Intense attention to detail as well as a passion for reinventing vintage pieces and giving historical pieces new life, signatures of Maison Bonhomme, appear throughout Porto. Fourteen early-20th century American composition light fixtures that once hung in the lobby of the historic Continental Bank on LaSalle Street are adorned with an acanthus leaf pattern and their original chain and canopy. Wine storage is anything but ordinary at Porto with a carefully repurposed 19th century 20-foot-by-12-foot Belgian library bookcase beautifully doing its new job. And an 1872 cast-iron balcony, one of two from the Northern Illinois Hospital and Asylum, was rebuilt by ironworkers and wraps around and frames the interior walls facing Ashland and Chicago avenues.
 
The main dining room is dominated by Porto’s chefs island, the centerpiece of the restaurant, an 80-foot-long oblong counter built with repurposed wood from fishing vessels and 20 slabs of brushed granite. Floating above it are custom blackened-steel and wood shelves whose scale and size evoke the frame of a fishing vessel’s hull.

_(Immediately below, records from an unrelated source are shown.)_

-- ===== src/TradeJobs/Report/Repeat.antt =====
-- A report may be sent twice, and moves its job lawfully.
use ctreader.Prelude.{
  ℕ, ◌≡◌, refl, ap, ◌∙◌, inl, inr, Bool, true, false, Option, none, some, arith, ok, ◌==◌, ==_refl,
  ==→eq, find_first, find_first-passes, outcome,
}
use ctreader.Schema.{Db, Agent, TradeJob, mt5_agent}
use ctreader.TradeJobs.State.{TradeJobStatus, can_transition, status_for_phase}
use ctreader.TradeJobs.Lawful.{
  IsLawfulRow, IsLawful, IsLawful-refl, HasUniqueIds, IsLawful-update_one,
}
use ctreader.TradeJobs.Report.{
  SubmitExecutionReportDto, ReportReply, move_job, move_if, report_row, held_by_agent, is_mt5_venue,
  is_invalid_move, store_report, submit_report,
}
use ctreader.TradeJobs.Report.Outcome.{
  Accepted, accepted, repeated, submit_known, moved_row, moved_found, moved_row_held, known_row,
  first_stores, repeat_matches, submit_report_throw,
}

move_if_held :
    (now at id agent_id : ℕ) (next : Option TradeJobStatus) (db : Db) (job : TradeJob)
    → held_by_agent agent_id (move_if now next at id db) job ≡ held_by_agent agent_id db job
unfolding move_if
move_if_held now at id agent_id none db job = refl
move_if_held now at id agent_id (some next) db job = refl

store_held :
    (now id : ℕ) (agent : Agent) (job row : TradeJob) (dto : SubmitExecutionReportDto) (db : Db)
    → held_by_agent agent.id (store_report now id agent job dto db) row
      ≡ held_by_agent agent.id db row
unfolding store_report
store_held now id agent job row dto db =
    move_if_held now dto.occurred_at job.id agent.id (status_for_phase dto.phase) db row

store_found :
    (now id : ℕ) (agent : Agent) (job_id : ℕ) (job : TradeJob) (dto : SubmitExecutionReportDto)
    (db : Db)
    → find_first (λ (j : TradeJob). j.id == job_id) db.jobs ≡ some job
    → find_first (λ (j : TradeJob). j.id == job_id) (store_report now id agent job dto db).jobs
      ≡ some (moved_row now (status_for_phase dto.phase) dto.occurred_at job)
unfolding store_report
store_found now id agent job_id job dto db finds =
    moved_found now dto.occurred_at job_id (status_for_phase dto.phase) db job finds

-- After the first report has been stored, the repetition is answered from its row.
stored_repeat :
    (now id later other : ℕ) (agent : Agent) (job_id : ℕ) (dto : SubmitExecutionReportDto) (db : Db)
    (job : TradeJob)
    → find_first (λ (j : TradeJob). j.id == job_id) db.jobs ≡ some job
    → is_mt5_venue job.execution_venue ≡ true
    → held_by_agent agent.id db job ≡ true
    → submit_report later other agent job_id dto (store_report now id agent job dto db)
      ≡ (ok (repeated id), store_report now id agent job dto db)
unfolding report_row
stored_repeat now id later other agent job_id dto db job finds venue held =
    let next = status_for_phase dto.phase in
    let (same_held, same_venue) = moved_row_held now dto.occurred_at agent.id next db job in
    submit_known later other agent job_id dto (store_report now id agent job dto db)
      (moved_row now next dto.occurred_at job) (report_row id job.id (mt5_agent agent.id) dto)
      (store_found now id agent job_id job dto db finds) (ap is_mt5_venue same_venue ∙ venue)
      (store_held now id agent job (moved_row now next dto.occurred_at job) dto db
        ∙ same_held
        ∙ held)
      (known_row now id agent job dto db)
      (==→eq job.id job_id (find_first-passes (λ (j : TradeJob). j.id == job_id) db.jobs finds))
      (==_refl agent.id)

-- A report that was accepted may be sent again, at any later time: the answer is that it is a
-- duplicate, with the id of the first report's row, and the database does not change.
pub submit_report_twice :
    (now id later other : ℕ) (agent : Agent) (job_id : ℕ) (dto : SubmitExecutionReportDto)
    (db t : Db) (reply : ReportReply)
    → submit_report now id agent job_id dto db ≡ (ok reply, t)
    → submit_report later other agent job_id dto t ≡ (ok (repeated reply.report_id), t)
submit_report_twice now id later other agent job_id dto db t reply h =
    let a = accepted now id agent job_id dto db t reply h in
    elim a.result [
      | inl (existing, known, again) ↦
          let (same, of_job, source, the_id) =
            repeat_matches agent job_id existing db t reply again in
          rw (same, the_id)
            (submit_known later other agent job_id dto db a.job existing a.finds a.venue a.held
              known of_job source)
      | inr (fresh, first) ↦
          let (_, stored, the_id) = first_stores now id agent a.job dto db t reply first in
          rw (stored, the_id)
            (stored_repeat now id later other agent job_id dto db a.job a.finds a.venue a.held)
    ]

move_job_lawful :
    (now at : ℕ) (next : TradeJobStatus) (job : TradeJob)
    → can_transition job.status next ≡ true
    → IsLawfulRow job (move_job now next at job)
unfolding move_job
move_job_lawful now at next job h = record { same_id = refl; same_user = refl; allowed = h }

pub move_if-IsLawful :
    (now at : ℕ) (next : Option TradeJobStatus) (q : TradeJob → Bool) (db : Db) (job : TradeJob)
    → HasUniqueIds db.jobs
    → find_first q db.jobs ≡ some job
    → is_invalid_move job.status next ≡ false
    → IsLawful db.jobs (move_if now next at job.id db).jobs
unfolding move_if
move_if-IsLawful now at none q db job unique finds fine = IsLawful-refl db.jobs
move_if-IsLawful now at (some next) q db job unique finds fine =
    IsLawful-update_one q (move_job now next at) db.jobs job unique finds
      (move_job_lawful now at next job (ground arith))

store_report-IsLawful :
    (now id : ℕ) (agent : Agent) (q : TradeJob → Bool) (dto : SubmitExecutionReportDto) (db : Db)
    (job : TradeJob)
    → HasUniqueIds db.jobs
    → find_first q db.jobs ≡ some job
    → is_invalid_move job.status (status_for_phase dto.phase) ≡ false
    → IsLawful db.jobs (store_report now id agent job dto db).jobs
unfolding store_report
store_report-IsLawful now id agent q dto db job =
    move_if-IsLawful now dto.occurred_at (status_for_phase dto.phase) q db job

accepted-IsLawful :
    (now id : ℕ) (agent : Agent) (job_id : ℕ) (dto : SubmitExecutionReportDto) (db t : Db)
    (reply : ReportReply)
    → HasUniqueIds db.jobs
    → Accepted now id agent job_id dto db reply t
    → IsLawful db.jobs t.jobs
accepted-IsLawful now id agent job_id dto db t reply unique a = elim a.result [
  | inl (existing, known, again) ↦
      let (same, _, _, _) = repeat_matches agent job_id existing db t reply again in
      rw same (IsLawful-refl db.jobs)
  | inr (fresh, first) ↦
      let (fine, stored, _) = first_stores now id agent a.job dto db t reply first in
      rw stored
        (store_report-IsLawful now id agent (λ j. j.id == job_id) dto db a.job unique a.finds fine)
]

-- Whatever a report's call returns or throws, the table of jobs changes lawfully.
pub submit_report-IsLawful :
    (now id : ℕ) (agent : Agent) (job_id : ℕ) (dto : SubmitExecutionReportDto) (db : Db)
    → HasUniqueIds db.jobs
    → IsLawful db.jobs (submit_report now id agent job_id dto db).1.jobs
submit_report-IsLawful now id agent job_id dto db unique =
    elim (outcome (submit_report now id agent job_id dto db)) [
      | inl (reply, h) ↦
          accepted-IsLawful now id agent job_id dto db _ reply unique
            (accepted now id agent job_id dto db _ reply h)
      | inr (x, h) ↦ rw (submit_report_throw now id agent job_id dto db x h) (IsLawful-refl db.jobs)
    ]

From this intimate space, guests seated in plush navy velvet and brass counter stools interact with Porto’s culinary and beverage teams while watching the dining scene unfold in front of them.
 
Flanking either side of the chefs island are two cozy nooks, each appointed with plush velvet armchairs and custom brushed granite dining tables. On one side, a monumental Murano crystal chandelier, designed by Maison Bonhomme in collaboration with the Venetian masters, hangs underneath a 20-foot-high skylight.
 
Porto’s Atrium channels the feeling of a weekend dinner at a fabulous country home; the crackling sound of wood burning in a nearby wheel grill fills the room and stirs the senses for gatherings of up to 50. Calacatta marble and antique brass tables paired with plush velvet armchairs are the perfect seats for couples while an antique 20th century French truck panel table provides seating for larger groups. Antique French sardine traps were repurposed to create one-of-a-kind chandeliers throughout the Atrium. On warmer days, the atrium’s sliding windows allow the space to become indoor-outdoor. Pro tip: ask to be seated at the atrium’s chef’s counter.